Faria Rehman January 29, 2019

API Transformer Recipes

This blog is the third part of the series called “API Transformer Recipes”. The series aims to highlight numerous ways in which developers can integrate API Transformer into their workflow in order to gain access to a wide range of tools and frameworks. Hopefully, it will help eliminate any assumptions that they have about being restricted to a particular set of tools just because they use a certain API specification format. 

So your organization decided to use IBM API Connect as their API Management platform. You realize it accepts only OpenAPI or WSDL files while you’ve already spent a long time designing the APIs in API Blueprint (or RAML or any other format for that matter). What can you do? This blog provides a step-by-step guide for importing API description files into IBM API Connect without being limited to only OpenAPI or WSDL files.

What is IBM API Connect?

IBM API Connect

In case you have never heard of IBM API Connect, it is essentially an API management platform providing great many tools for managing complete API lifecycles. It allows you to create, test, share, monitor and secure your APIs all in one place.

Importing an API into IBM API Connect


  1. You must have an account on IBM Cloud.
  2. API Connect service instance must be up and running. If you are new to API Connect, you can create an instance here after providing required details like service name, region, organization, etc.

Step 1: Open API Connect Dashboard

  1. Login to API Connect here using your IBM Cloud account.
  2. From the sidebar, navigate to “Existing services” under the API Connect section of the Overview page.

API Connect Dashboard

3. Your service instance would be listed here. In case you are unable to view it, ensure that the correct region, organization etc. is selected based on what values you provided at the time of creating the instance. Double click on the instance name and you will be taken to your Dashboard.
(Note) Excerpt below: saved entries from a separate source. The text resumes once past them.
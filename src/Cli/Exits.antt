-- ===== src/Cli/Exits.antt =====
-- What the exit codes of `main` of monitor_agent/cli.py stand for.
use employee_tracker.Common.{
  ◌≡◌, refl, sym, ◌∙◌, subst, ℕ, String, Bool, true, false, not, Result, ok, err, Error, ◌>>=◌,
  ◌>>◌, Bool-cases, Result-cases, inl, inr, ◌⊎◌, ◌<◌, List, [], ◌∷◌, All, all, length, arith,
  if◌then◌else◌,
}
use employee_tracker.Config.{AgentConfig}
use employee_tracker.Models.{CollectionBatch, CollectorResult, CollectorStatus, CycleResult}
use employee_tracker.Payload.{event_matches}
use employee_tracker.Identity.{is_value_error}
use employee_tracker.Spool.{check_limits}
use employee_tracker.Cli.Command.{
  Parts, Command, run, once, check_config_command, health, version, prepare_config, create_runtime,
  has_failed, aggregate_failure, gather, collect_once, run_command, once_offline, once_online,
  once_command, health_command, dispatch, exit_code, main,
}

-- There is a result, and every one is of a collector that failed or timed out.
pub record NothingWorked (rs : List CollectorResult) : Type 0 where
  pub some_result : 0 < length rs
  pub all_failed :
      All (λ r. (r.status ≡ CollectorStatus.failed) ⊎ (r.status ≡ CollectorStatus.timed_out)) rs

failed_status :
    (s : CollectorStatus)
    → has_failed s ≡ true
    → (s ≡ CollectorStatus.failed) ⊎ (s ≡ CollectorStatus.timed_out)
failed_status CollectorStatus.failed h = inl refl
failed_status CollectorStatus.timed_out h = inr refl
failed_status CollectorStatus.success h = cc
failed_status CollectorStatus.partial h = cc
failed_status CollectorStatus.disabled h = cc

List-cases :
    (rs : List CollectorResult)
    → (rs ≡ []) ⊎ ((q : CollectorResult) × (qs : List CollectorResult) × (rs ≡ q ∷ qs))
List-cases [] = inl refl
List-cases (r ∷ rs) = inr (r, rs, refl)

failed_statuses :
    (rs : List CollectorResult)
    → all (λ r. has_failed r.status) rs ≡ true
    → All (λ r. (r.status ≡ CollectorStatus.failed) ⊎ (r.status ≡ CollectorStatus.timed_out)) rs
failed_statuses [] h = tt
failed_statuses (r ∷ rs) h =
    (failed_status r.status (ground arith), failed_statuses rs (ground arith))

aggregate_failure-NothingWorked :
    (batch : CollectionBatch) → aggregate_failure batch ≡ true → NothingWorked batch.results
unfolding aggregate_failure
aggregate_failure-NothingWorked batch h = elim (List-cases batch.results) [
  | inl e ↦ absurd (ground arith)
  | inr (r, rs, e) ↦
      rw e
        (record { some_result = omega arith; all_failed = failed_statuses (r ∷ rs) (ground arith) })
]

-- 0 and 2 of any command, 3 and 4 only for these reasons.
pub data Explained (p : Parts) : Command → ℕ → Type 0 where
  fine : {c : Command} → Explained p c 0
  refused : {c : Command} → Explained p c 2
  nothing_collected :
      (event : String) (batch : CollectionBatch)
      → event_matches event ≡ true
      → p.collect_all ≡ ok batch
      → NothingWorked batch.results
      → Explained p (once event true) 3
  not_delivered :
      (event : String) (result : CycleResult)
      → event_matches event ≡ true
      → p.run_cycle event ≡ ok result
      → result.delivered ≡ false
      → Explained p (once event false) 4

-- What holds of every value that is returned.
record Returns {A : Type 0} (P : A → Type 0) (r : Result A) : Type 0 where
  at : (a : A) → r ≡ ok a → P a

module _ {A : Type 0} {P : A → Type 0} where
  Returns-ok : (a : A) → P a → Returns P (ok a)
  Returns-ok a p = record { at = λ b e. let same : a ≡ b = cc in subst P same p }

  Returns-err : (e : Error) → Returns P (err e)
  Returns-err e = record { at = λ b r. cc }

  Returns-if :
      (b : Bool) (r t : Result A) → Returns P r → Returns P t → Returns P (if b then r else t)
  Returns-if true r t p q = p
  Returns-if false r t p q = q

  Returns-bind :
      {B : Type 0} (r : Result B) (f : B → Result A)
      → ((b : B) → r ≡ ok b → Returns P (f b))
      → Returns P (r >>= f)
  Returns-bind (ok b) f q = q b refl
  Returns-bind (err e) f q = Returns-err e

module _ (p : Parts) where
  run_command-Explained : (c : AgentConfig) → Returns (Explained p run) (run_command p c)
  unfolding run_command
  run_command-Explained c =
      Returns-bind (create_runtime p c) _
        λ t _. Returns-bind (p.signals >> p.run) _ λ _ _. Returns-ok 0 fine

  health_command-Explained : (c : AgentConfig) → Returns (Explained p health) (health_command p c)
  unfolding health_command
  health_command-Explained c = Returns-bind (gather p c) _ λ batch _.
      Returns-bind (check_limits c.spool_max_bytes c.spool_max_age_sec) _
        λ _ _. Returns-bind p.stats _ λ stats _. Returns-bind p.print _ λ _ _. Returns-ok 0 fine

  once_online-Explained :
      (c : AgentConfig) (event : String)
      → event_matches event ≡ true
      → Returns (Explained p (once event false)) (once_online p c event)
  unfolding once_online
  once_online-Explained c event named = Returns-bind (create_runtime p c) _ λ t _.
      Returns-bind (p.run_cycle event) _ λ result cycled. Returns-bind p.close _ λ _ _.
        elim (Bool-cases result.delivered) [
          | inl e ↦ rw e (Returns-ok 0 fine)
          | inr e ↦ rw e (Returns-ok 4 (not_delivered event result named cycled e))
        ]

  gather-told : (c : AgentConfig) → Returns (λ batch. p.collect_all ≡ ok batch) (gather p c)
  unfolding gather
  gather-told c =
      Returns-bind (p.resolve_identity >> p.build_collectors c) _
        λ _ _. record { at = λ batch e. e }

  collect_once-told :
      (c : AgentConfig)
      → Returns
          (λ a.
            (batch : CollectionBatch) × (p.collect_all ≡ ok batch)
            × (a.1 ≡ aggregate_failure batch))
          (collect_once p c)
  unfolding collect_once
  collect_once-told c = Returns-bind (gather p c) _ λ batch gathered.
      Returns-bind (p.build_payload batch) _ λ payload _.
        Returns-ok (payload, aggregate_failure batch)
          (batch, (gather-told c).at batch gathered, refl)

  once_offline-Explained :
      (c : AgentConfig) (event : String)
      → event_matches event ≡ true
      → Returns (Explained p (once event true)) (once_offline p c)
  unfolding once_offline
  once_offline-Explained c event named = elim (Result-cases (collect_once p c)) [
    | inl ((payload, failure), e) ↦
        let told = (collect_once-told c).at (payload, failure) e in
        rw (e, once_offline)
          (Returns-bind p.print _ λ _ _. elim (Bool-cases failure) [
            | inl b ↦ rw b (
                Returns-ok 3 (
                  nothing_collected event told.0 named told.1
                    (aggregate_failure-NothingWorked told.0 (sym told.2 ∙ b))))
            | inr b ↦ rw b (Returns-ok 0 fine)
          ])
    | inr (x, e) ↦
        rw (e, once_offline)
          (Returns-if (is_value_error x.class) _ _ (Returns-ok 2 refused) (Returns-err x))
  ]

  once_command-Explained :
      (c : AgentConfig) (event : String) (no_transmit : Bool)
      → Returns (Explained p (once event no_transmit)) (once_command p c event no_transmit)
  unfolding once_command
  once_command-Explained c event no_transmit = elim (Bool-cases (event_matches event)) [
    | inl e ↦
        rw e
          (elim no_transmit
            as (λ b.
              Returns (Explained p (once event b))
                (if b then once_offline p c else once_online p c event)) [
                  | true ↦ once_offline-Explained c event e
                  | false ↦ once_online-Explained c event e
                ])
    | inr e ↦ rw e (Returns-ok 2 refused)
  ]

  dispatch-Explained : (c : Command) → Returns (Explained p c) (dispatch p c)
  unfolding dispatch
  dispatch-Explained run = Returns-bind (prepare_config p true) _ λ c _. run_command-Explained c
  dispatch-Explained (once event no_transmit) =
      Returns-bind (prepare_config p (not no_transmit)) _
        λ c _. once_command-Explained c event no_transmit
  dispatch-Explained check_config_command =
      Returns-bind (prepare_config p true) _ λ c _. Returns-bind p.print _ λ _ _. Returns-ok 0 fine
  dispatch-Explained health =
      Returns-bind (prepare_config p true) _ λ c _. health_command-Explained c
  dispatch-Explained version = Returns-ok 0 fine

  exit_code-Explained :
      (c : Command) (r : Result ℕ)
      → Returns (Explained p c) r
      → Returns (Explained p c) (exit_code r)
  unfolding exit_code
  exit_code-Explained c (ok n) q = q
  exit_code-Explained c (err e) q = Returns-if _ _ _ (Returns-ok 2 refused) (Returns-err e)

  main-Returns : (c : Command) → Returns (Explained p c) (main p c)
  unfolding main
  main-Returns version = Returns-bind p.print _ λ _ _. Returns-ok 0 fine
  main-Returns run = exit_code-Explained run _ (dispatch-Explained run)
  main-Returns (once event b) =
      exit_code-Explained (once event b) _ (dispatch-Explained (once event b))
  main-Returns check_config_command =
      exit_code-Explained check_config_command _ (dispatch-Explained check_config_command)
  main-Returns health = exit_code-Explained health _ (dispatch-Explained health)

  -- If `main` returns an exit code, then it is 0 or 2, or 3 and the command was `once` for a valid
  -- event without a transmission and every result, one at least, has the status failed or timed out,
  -- or 4 and the command was `once` for a valid event and the cycle did not deliver it.
  pub main-Explained : (c : Command) (n : ℕ) → main p c ≡ ok n → Explained p c n
  main-Explained c n = (main-Returns c).at n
Step 2: Navigate to the APIs Section

The Dashboard is where you manage APIs. The main page will show you a list of catalogs (a “Sandbox” catalog by default) that helps separate Products and APIs for testing.

APIs Section


To add new or manage existing APIs, navigate to the “APIs” section as follows:

  1. Open the side navigation bar and click on “Drafts” to open the Drafts section.


2. Open the “APIs” tab.

APIs Tab

Step 3: Obtain IBM Compatible API Specification Using API Transformer

IBM platform supports only two API description formats: OpenAPI (v2.0, v3.0) and WSDL (for SOAP based services). So to import your API into IBM you will first need to convert your existing API specification into one of these formats. For this, you can use API Transformer as described below:

1. Navigate to  API Transformer. Sign up if you haven’t already.

2. Once you are logged in, upload your API description file or provide its URL in the “Convert Now” section. The file that you provide must be in one of the supported formats listed here. All popular format choices like API Blueprint, RAML, WADL, etc. are supported.

Obtain IBM Compatible API Specification

3. Choose a target description format based on your needs. Select “Web Service Definition Language (WSDL) — W3C” if you are aiming to create a SOAP based service. For all other cases, select “OpenAPI” (JSON or YAML). You will notice two versions listed for this format (v2.0 or v3.0). Pick any since IBM supports both.

4. Click on “Convert Now” and if the transformation succeeds, you will be shortly prompted to download the converted file. Save it locally on your system.

Depending on your needs, you may prefer to perform the above steps via the API instead, that allows you to integrate API Transformer easily into your workflow.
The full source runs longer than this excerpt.